───── Information shown ─────

-- ===== src/Geoserver/Apply.antt =====
-- services/geoserver.py: `apply_command`, which applies a reviewed dry run.
use honua_migrate.Base.{
  ℕ, Bool, true, false, not, ◌&&◌, ◌||◌, List, [], ◌∷◌, String, ◌==◌, string_eq, nat_eq, Option,
  if◌then◌else◌, leb, all, contains, any,
}
use honua_migrate.Base.Text.{codes, is_space}
use honua_migrate.Json.{Json, Fields, bool, str, obj, end, field, get}
use honua_migrate.Runs.Contracts.{Result, ok, err, Exc, then_result, migration, exit_input_error}
use honua_migrate.Http.Wire.{merge_params}
use honua_migrate.Readiness.Words.{Parts}
use honua_migrate.Arcgis.Client.{Call, Reply}
use honua_migrate.Geoserver.Checks.{
  validate_url, validate_url_of, is_completed_job, Reviewed, load_completed_plan,
}
use honua_migrate.Geoserver.Client.{Answer, answered, failed, Done, request, job_call, start_call}

abbrev is_letter : ℕ → Bool
is_letter c = (leb b'A' c && leb c b'Z') || (leb b'a' c && leb c b'z')

abbrev in_scheme : ℕ → Bool
in_scheme c = is_letter c || (leb b'0' c && leb c b'9') || contains (codes "+.-") c

-- Whether `_SERVER_REFERENCE` matches: a scheme, then a colon, then a text without spaces.
abbrev rest_of_reference : List ℕ → Bool
rest_of_reference [] = false
rest_of_reference (c ∷ cs) =
    let rest = rest_of_reference cs in
    if c == b':' then any (λ d. true) cs && all (λ d. not (is_space d)) cs else in_scheme c && rest

abbrev reference_codes : List ℕ → Bool
reference_codes [] = false
reference_codes (c ∷ cs) = is_letter c && rest_of_reference cs

unfoldable pub is_server_reference : String → Bool
unfolding nat_eq
is_server_reference s = reference_codes (codes s)

-- `request` with the three keys of an apply
unfoldable pub apply_request : Fields → String → Json
unfolding merge_params
apply_request request reference = obj (
    merge_params request (
      field "passwordSecretReference" (str reference)
        (field "dryRun" (bool false) (field "applyMode" (bool true) end))))

-- How the command ends: with what the server answered to the start, or with an exception; and what
-- was asked of the server in all.
pub data Ending : Type 0 where
  started : Json → Ending
  raised : Exc → Ending

pub record Applied : Type 0 where
  pub ending : Ending
  pub calls : List Call

abbrev pub refused : List Call → Applied
refused calls = record { ending = raised (migration exit_input_error); calls = calls }

abbrev pub same_text : Json → Json → Bool
same_text (str s) (str t) = s == t
same_text _ _ = false

module _ (urlsplit : String → Option Parts) (valid : Json → Bool) (plan_digest : Fields → String)
    (session : List Call → Call → Reply) (retries : ℕ) where
  abbrev pub same_url : Result String → Result String → Result (Unit {0})
  same_url live recorded =
      then_result live
        λ a. then_result recorded λ b. if a == b then ok tt else err (migration exit_input_error)

  -- What `_verify_plan_job` asks of the job that the server has; both times are texts by then.
  unfoldable pub matches_job : Fields → Reviewed → Json → Result (Unit {0})
  unfolding is_completed_job validate_url get string_eq
  matches_job request plan live =
      if not (is_completed_job live plan.job_id)
      then err (migration exit_input_error)
      else if not (same_text (get "completedAt" live) (get "completedAt" plan.job))
      then err (migration exit_input_error)
      else same_url (validate_url_of urlsplit (get "geoServerUrl" live))
          (validate_url_of urlsplit (get "geoServerRestUrl" (obj request)))

  abbrev pub after_start : Done → Applied
  after_start done = elim done.answer [
    | answered body ↦ record { ending = started body; calls = done.calls }
    | failed ↦ refused done.calls
  ]

  abbrev pub after_match : Reviewed → String → List Call → Result (Unit {0}) → Applied
  after_match plan reference calls (err e) = record { ending = raised e; calls = calls }
  after_match plan reference calls (ok u) =
      after_start
        (request session retries (start_call (apply_request plan.request reference)) calls)

  abbrev pub after_status : Reviewed → String → Answer → List Call → Applied
  after_status plan reference failed calls = refused calls
  after_status plan reference (answered live) calls =
      after_match plan reference calls (matches_job plan.request plan live)

  abbrev pub after_load : String → List Call → Result Reviewed → Applied
  after_load reference calls (err e) = record { ending = raised e; calls = calls }
  after_load reference calls (ok plan) =
      if is_server_reference reference
      then (let done = request session retries (job_call plan.job_id) calls in
          after_status plan reference done.answer done.calls)
      else refused calls

  -- With an output that may be written and a client that could be made, of a plan that was read
  unfoldable pub apply_command : Bool → Json → String → List Call → Applied
  unfolding load_completed_plan request matches_job apply_request is_server_reference
  apply_command acknowledge payload reference calls =
      if not acknowledge
      then refused calls
      else after_load reference calls (load_completed_plan valid plan_digest payload)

─────

Set down the data once more, word for word.

#### [Solved exercise]
-- ===== src/Geoserver/Apply.antt =====
-- services/geoserver.py: `apply_command`, which applies a reviewed dry run.
use honua_migrate.Base.{
  ℕ, Bool, true, false, not, ◌&&◌, ◌||◌, List, [], ◌∷◌, String, ◌==◌, string_eq, nat_eq, Option,
  if◌then◌else◌, leb, all, contains, any,
}
use honua_migrate.Base.Text.{codes, is_space}
use honua_migrate.Json.{Json, Fields, bool, str, obj, end, field, get}
use honua_migrate.Runs.Contracts.{Result, ok, err, Exc, then_result, migration, exit_input_error}
use honua_migrate.Http.Wire.{merge_params}
use honua_migrate.Readiness.Words.{Parts}
use honua_migrate.Arcgis.Client.{Call, Reply}
use honua_migrate.Geoserver.Checks.{
  validate_url, validate_url_of, is_completed_job, Reviewed, load_completed_plan,
}
use honua_migrate.Geoserver.Client.{Answer, answered, failed, Done, request, job_call, start_call}

abbrev is_letter : ℕ → Bool
is_letter c = (leb b'A' c && leb c b'Z') || (leb b'a' c && leb c b'z')

abbrev in_scheme : ℕ → Bool
in_scheme c = is_letter c || (leb b'0' c && leb c b'9') || contains (codes "+.-") c

-- Whether `_SERVER_REFERENCE` matches: a scheme, then a colon, then a text without spaces.
abbrev rest_of_reference : List ℕ → Bool
rest_of_reference [] = false
rest_of_reference (c ∷ cs) =
    let rest = rest_of_reference cs in
    if c == b':' then any (λ d. true) cs && all (λ d. not (is_space d)) cs else in_scheme c && rest

abbrev reference_codes : List ℕ → Bool
reference_codes [] = false
reference_codes (c ∷ cs) = is_letter c && rest_of_reference cs

unfoldable pub is_server_reference : String → Bool
unfolding nat_eq
is_server_reference s = reference_codes (codes s)

-- `request` with the three keys of an apply
unfoldable pub apply_request : Fields → String → Json
unfolding merge_params
apply_request request reference = obj (
    merge_params request (
      field "passwordSecretReference" (str reference)
        (field "dryRun" (bool false) (field "applyMode" (bool true) end))))

-- How the command ends: with what the server answered to the start, or with an exception; and what
-- was asked of the server in all.
pub data Ending : Type 0 where
  started : Json → Ending
  raised : Exc → Ending

pub record Applied : Type 0 where
  pub ending : Ending
  pub calls : List Call

abbrev pub refused : List Call → Applied
refused calls = record { ending = raised (migration exit_input_error); calls = calls }

abbrev pub same_text : Json → Json → Bool
same_text (str s) (str t) = s == t
same_text _ _ = false

module _ (urlsplit : String → Option Parts) (valid : Json → Bool) (plan_digest : Fields → String)
    (session : List Call → Call → Reply) (retries : ℕ) where
  abbrev pub same_url : Result String → Result String → Result (Unit {0})
  same_url live recorded =
      then_result live
        λ a. then_result recorded λ b. if a == b then ok tt else err (migration exit_input_error)

  -- What `_verify_plan_job` asks of the job that the server has; both times are texts by then.
  unfoldable pub matches_job : Fields → Reviewed → Json → Result (Unit {0})
  unfolding is_completed_job validate_url get string_eq
  matches_job request plan live =
      if not (is_completed_job live plan.job_id)
      then err (migration exit_input_error)
      else if not (same_text (get "completedAt" live) (get "completedAt" plan.job))
      then err (migration exit_input_error)
      else same_url (validate_url_of urlsplit (get "geoServerUrl" live))
          (validate_url_of urlsplit (get "geoServerRestUrl" (obj request)))

  abbrev pub after_start : Done → Applied
  after_start done = elim done.answer [
    | answered body ↦ record { ending = started body; calls = done.calls }
    | failed ↦ refused done.calls
  ]

  abbrev pub after_match : Reviewed → String → List Call → Result (Unit {0}) → Applied
  after_match plan reference calls (err e) = record { ending = raised e; calls = calls }
  after_match plan reference calls (ok u) =
      after_start
        (request session retries (start_call (apply_request plan.request reference)) calls)

  abbrev pub after_status : Reviewed → String → Answer → List Call → Applied
  after_status plan reference failed calls = refused calls
  after_status plan reference (answered live) calls =
      after_match plan reference calls (matches_job plan.request plan live)

  abbrev pub after_load : String → List Call → Result Reviewed → Applied
  after_load reference calls (err e) = record { ending = raised e; calls = calls }
  after_load reference calls (ok plan) =
      if is_server_reference reference
      then (let done = request session retries (job_call plan.job_id) calls in
          after_status plan reference done.answer done.calls)
      else refused calls

  -- With an output that may be written and a client that could be made, of a plan that was read
  unfoldable pub apply_command : Bool → Json → String → List Call → Applied
  unfolding load_completed_plan request matches_job apply_request is_server_reference
  apply_command acknowledge payload reference calls =
      if not acknowledge
      then refused calls
      else after_load reference calls (load_completed_plan valid plan_digest payload)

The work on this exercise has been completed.